US bonds rise, equities decline on economic recession worries

U.S. stocks traded lower on Thursday in response to yet another bunch of data suggesting that consumer spending is weakening in the face of a slowing economy and the most aggressive of inflation in 40 years. Subsequently Dow Jones declined 0.8% to 30,775.43, S&P 500 declined 0.9% to 3,785.38 while Nasdaq 100 declined 1.3% to 11,028.74. The 10-year yield Treasury was down by 5 basis points to 2.96%. Gold also declined 0.5% to $1,797.81 per ounce while WTI crude fell 0.5% to $105.22 per barrel.

Russia has confirmed the withdrawal of its troops from Ukraine’s Snake Island in the Black Sea calling the decision a gesture aimed at easing grain shipments in Ukraine. However, there was no sign of a deal on deliveries aimed at easing a global food crisis. At the same time, Russian missile attacks near Ukrainian port city of Odesa early this Friday killed at least 18 people including civilians. Russian stock market fell for a fourth consecutive day this morning heading for its worst week since the start of invasion to Ukraine. Gazprom’s decision to scrap a record dividend kept weighting the sentiment down.  IMOEX fell 0.8% to 2250 this morning with Gazprom leading the losses. Gazprom fell as much as 5% adding to a 30% slump from the day before. By contrast, Sberbank, Rosneft rose with gas company Novatek heading for its third week of gains.

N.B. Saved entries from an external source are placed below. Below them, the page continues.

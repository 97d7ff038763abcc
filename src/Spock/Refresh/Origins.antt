-- ===== src/Spock/Refresh/Origins.antt =====
-- `RefreshActual` (internal/spock/refresh.go): where the resources of the actual map come from.
use pgedge_helm.Base.{
  false, List, [], ◌∷◌, map, Option, none, some, elem, All, if_ind, if◌then◌else◌,
}
use pgedge_helm.Base.Text.{Text, text_key}
use pgedge_helm.Base.Maps.{Map, insert, contains}
use pgedge_helm.Config.{Node, Config}
use pgedge_helm.Resource.{Identifier, identifier_key, Error, refresh_failed}
use pgedge_helm.Spock.Types.{Conn, ident, resource_type_replication_slot}
use pgedge_helm.Spock.SpockNode.{new_spock_node}
use pgedge_helm.Spock.Subscription.{new_subscription}
use pgedge_helm.Spock.Object.{Body, node, subscription, Object}
use pgedge_helm.Spock.Desired.{Conns, conn_of}
use pgedge_helm.Spock.Desired.Filling.{insert-All}
use pgedge_helm.Spock.World.{Driver, World, Answer, answer, failure, nodes_outside, spock_slots}
use pgedge_helm.Spock.Methods.{refresh_body}
use pgedge_helm.Spock.Refresh.{
  Actual, refresh_desired, found, orphan_config, orphan_slot, add_orphan_node, add_orphan_nodes,
  discover_orphan_nodes, add_orphan_slot, add_orphan_slots, discover_orphan_slots, expected_slots,
  discover_from, discover_orphans, check_slot_health, refresh_actual,
}

-- A property of bodies that the orphans have that the discovery may make up.
pub record HoldsOfOrphans (P : Body → Type 0) (cfg : Config) : Type 0 where
  pub of_node :
      (name : Text) (c : Conn)
      → P (node (new_spock_node (orphan_config name) cfg.db_name cfg.pgedge_user c))
  pub of_subscription :
      (name : Text) (survivor : Node) (c : Conn)
      → P (
          subscription
            (new_subscription (orphan_config name) survivor cfg.db_name cfg.pgedge_user false c []))
  pub of_slot : (c : Conn) (survivor : Node) (name : Text) → P (orphan_slot cfg c survivor name)

module _ {D : Type 0} (driver : Driver D) (P : Body → Type 0) where
  abbrev Each : Actual → Type 0
  Each = All (λ e. P e.1.body)

  insert-Each :
      (id : Identifier) (o : Object) (m : Actual) → P o.body → Each m → Each (insert id o m)
  insert-Each id o m = insert-All (λ p. P p.body) id o m

  refresh_desired-Each :
      (m : Map Identifier Object) (actual : Actual) (w : World D)
      → Each m
      → Each actual
      → Each (refresh_desired driver m actual w).1
  unfolding refresh_desired
  refresh_desired-Each [] actual w h k = k
  refresh_desired-Each ((id, o) ∷ m) actual w h k =
      let v = (refresh_body driver o.address o.body w).1 in
      let joined : Actual = if (v.status o.address).exists then insert id o actual else actual in
      step (refresh_body driver o.address o.body w).0 v (refresh_desired driver m joined v) (
        refresh_desired-Each m joined v h.1
          (if_ind Each (v.status o.address).exists (insert-Each id o actual h.0 k) k))
    where
      step :
          (result : Option Error) (v : World D) (rest : Option Error × Actual × World D)
          → Each rest.1
          → (let r : Option Error × Actual × World D = elim result [
            | none ↦ rest
            | some e ↦ (some (refresh_failed id e), actual, v)
          ] in
              Each r.1)
      step none v rest low = low
      step (some e) v rest low = k

  module _ (cfg : Config) (conns : Conns) (orphans : HoldsOfOrphans P cfg) where
    found-Each :
        (id : Identifier) (body : Body) (st : Actual × World D)
        → P body
        → Each st.0
        → Each (found driver id body st).0
    found-Each id body (actual, w) p h =
        insert-Each id (record { address = w.next; body = body }) actual p h

    add_orphan_nodes-Each :
        (c : Conn) (survivor : Node) (rows : List (Option Text)) (st : Actual × World D)
        → Each st.0
        → Each (add_orphan_nodes driver cfg c survivor rows st).0
    unfolding add_orphan_nodes add_orphan_node
    add_orphan_nodes-Each c survivor [] st h = h
    add_orphan_nodes-Each c survivor (none ∷ rows) st h = add_orphan_nodes-Each c survivor rows st h
    add_orphan_nodes-Each c survivor (some name ∷ rows) st h =
        add_orphan_nodes-Each c survivor rows (add_orphan_node driver cfg c survivor name st) (
          insert-Each _ _ _ (orphans.of_subscription name survivor c)
            (insert-Each _ _ st.0 (orphans.of_node name c) h))

    discover_orphan_nodes-Each :
        (c : Conn) (survivor : Node) (config_names : List Text) (st : Actual × World D)
        → Each st.0
        → Each (discover_orphan_nodes driver cfg c survivor config_names st).0
    unfolding discover_orphan_nodes
    discover_orphan_nodes-Each c survivor config_names (actual, w) h =
        step (driver.query_rows c (nodes_outside config_names) w.databases).0 (record w {
          databases = (driver.query_rows c (nodes_outside config_names) w.databases).1;
        })
      where
        step :
            (result : Answer (List (Option Text))) (v : World D)
            → (let r : Actual × World D = elim result [
              | failure e ↦ (actual, v)
              | answer rows ↦ add_orphan_nodes driver cfg c survivor rows (actual, v)
            ] in
                Each r.0)
        step (failure e) v = h
        step (answer rows) v = add_orphan_nodes-Each c survivor rows (actual, v) h

    add_orphan_slots-Each :
        (c : Conn) (survivor : Node) (expected : List Text) (rows : List (Option Text))
        (st : Actual × World D)
        → Each st.0
        → Each (add_orphan_slots driver cfg c survivor expected rows st).0
    unfolding add_orphan_slots add_orphan_slot
    add_orphan_slots-Each c survivor expected [] st h = h
    add_orphan_slots-Each c survivor expected (none ∷ rows) st h =
        add_orphan_slots-Each c survivor expected rows st h
    add_orphan_slots-Each c survivor expected (some name ∷ rows) st h =
        add_orphan_slots-Each c survivor expected rows
          (add_orphan_slot driver cfg c survivor expected name st)
          (if_ind {A = Actual × World D} (λ x. Each x.0) (elem name expected) h
            (if_ind {A = Actual × World D} (λ x. Each x.0)
              (contains (ident resource_type_replication_slot name) st.0) h
              (found-Each _ _ st (orphans.of_slot c survivor name) h)))

    discover_orphan_slots-Each :
        (c : Conn) (survivor : Node) (expected : List Text) (st : Actual × World D)
        → Each st.0
        → Each (discover_orphan_slots driver cfg c survivor expected st).0
    unfolding discover_orphan_slots
    discover_orphan_slots-Each c survivor expected (actual, w) h =
        step (driver.query_rows c spock_slots w.databases).0
          (record w { databases = (driver.query_rows c spock_slots w.databases).1 })
      where
        step :
            (result : Answer (List (Option Text))) (v : World D)
            → (let r : Actual × World D = elim result [
              | failure e ↦ (actual, v)
              | answer rows ↦ add_orphan_slots driver cfg c survivor expected rows (actual, v)
            ] in
                Each r.0)
        step (failure e) v = h
        step (answer rows) v = add_orphan_slots-Each c survivor expected rows (actual, v) h

    discover_from-Each :
        (ns : List Node) (st : Actual × World D)
        → Each st.0
        → Each (discover_from driver cfg conns ns st).0
    unfolding discover_from
    discover_from-Each [] st h = h
    discover_from-Each (n ∷ ns) st h = discover_from-Each ns _ (
        discover_orphan_slots-Each (conn_of conns n.name) n (expected_slots driver cfg cfg.nodes) _
          (discover_orphan_nodes-Each (conn_of conns n.name) n (map (λ x. x.name) cfg.nodes) st h))

    -- What holds of every desired resource and of every orphan holds of every resource that
    -- `RefreshActual` returns.
    pub refresh_actual-All :
        (desired : Map Identifier Object) (w : World D)
        → All (λ e. P e.1.body) desired
        → All (λ e. P e.1.body) (refresh_actual driver cfg conns desired w).1
    unfolding refresh_actual discover_orphans
    refresh_actual-All desired w h =
        let r = refresh_desired driver desired [] w in
        let st = discover_from driver cfg conns cfg.nodes (r.1, r.2) in
        step r.0 r.2 (check_slot_health driver st.0 st.1) st.0
          (discover_from-Each cfg.nodes (r.1, r.2) (refresh_desired-Each desired [] w h tt))
      where
        step :
            (result : Option Error) (w1 w2 : World D) (all : Actual)
            → Each all
            → (let r : Option Error × Actual × World D = elim result [
              | some e ↦ (some e, [], w1)
              | none ↦ (none, all, w2)
            ] in
                Each r.1)
        step none w1 w2 all low = low
        step (some e) w1 w2 all low = tt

Russian ruble continued depreciating against the US Dollar after the biggest loss in a month on Wednesday when Finance Minister Anton Siluanov said the government is considering investing in currencies of “friendly countries”. USDRUB was up almost 2% this morning at 53.32 and EURRUB up 2.25% at around 56. Despite the White House announcement of Russia’s default this Monday, Russian Sovereign bonds continued trading mostly unchanged with Russia 28 offed in mid to high 30s and Russia 47 offered in high 20s.

Bunds open slightly weaker retracing trend from yesterday. The 10Y touched a high of 1.369% before dropping to 1.366%, less than 1bp down day-on-day. Peripherals mirrored the move on bunds with a relatively weak open;10Y BTPs yields went as high as 3.26% before retreating to 3.25%, 1 basis point firmer intraday. Stocks open lower as investors continue to grapple with a looming economic recession coupled with doggedly elevated inflation. Consequently, the Stoxx 600, opened lower at 405.91 compared to previous session’s closing of 407.20.

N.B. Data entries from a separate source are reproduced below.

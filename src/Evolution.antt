-- ===== src/Evolution.antt =====
-- evolution/: governance of the detection rules and of the bulk policy.
pub mod Governance
pub mod Replay
pub mod Shadow
pub mod Bulk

A tilt towards firmness to start the new quarter for SSA as core yields rally with 10Y UST trading sub 3%. ZAMBIN (+0.25pts) leading at the open after a run of selling that saw it underperform so far this week. The country’s inflation continues to slow with June prices rising 9.7% YoY – a 3-year low. The slowing has also been helped by an extension of fuel subsidies to September.

Activity in the Nigerian local Secondary Market for Bonds was mostly calm amid a worsening system liquidity. We witnessed mixed sentiments across the curve with some demand trickling in for the FGN 32s and 42s. Intraday, average yields were marginally down by 1bp across board. Consequently, FGN 42s closed at an offer rate of 13.01%, 4 basis point down from previous level of 13.05% while 50s closed flat. Activity in the Secondary Market for Treasury bills was bearish as weakness persisted in the Money Market. We saw improved offers as Banks endeavoured to create liquidity to fund their commitments. Day-on-day, average discount rates were mostly higher across the curve. Consequently, discount rates on 25th of August 2022 NTB & 24th of November 2022 NTB were at 6.00% (previous: 5.95%) and 6.00%(previous:5.87%) respectively. The exchange rate between the naira and the US dollar closed at N421.29/$1 at NAFEX compared to previous session’s level of N418.50/$1, a depreciation of circa 0.67%.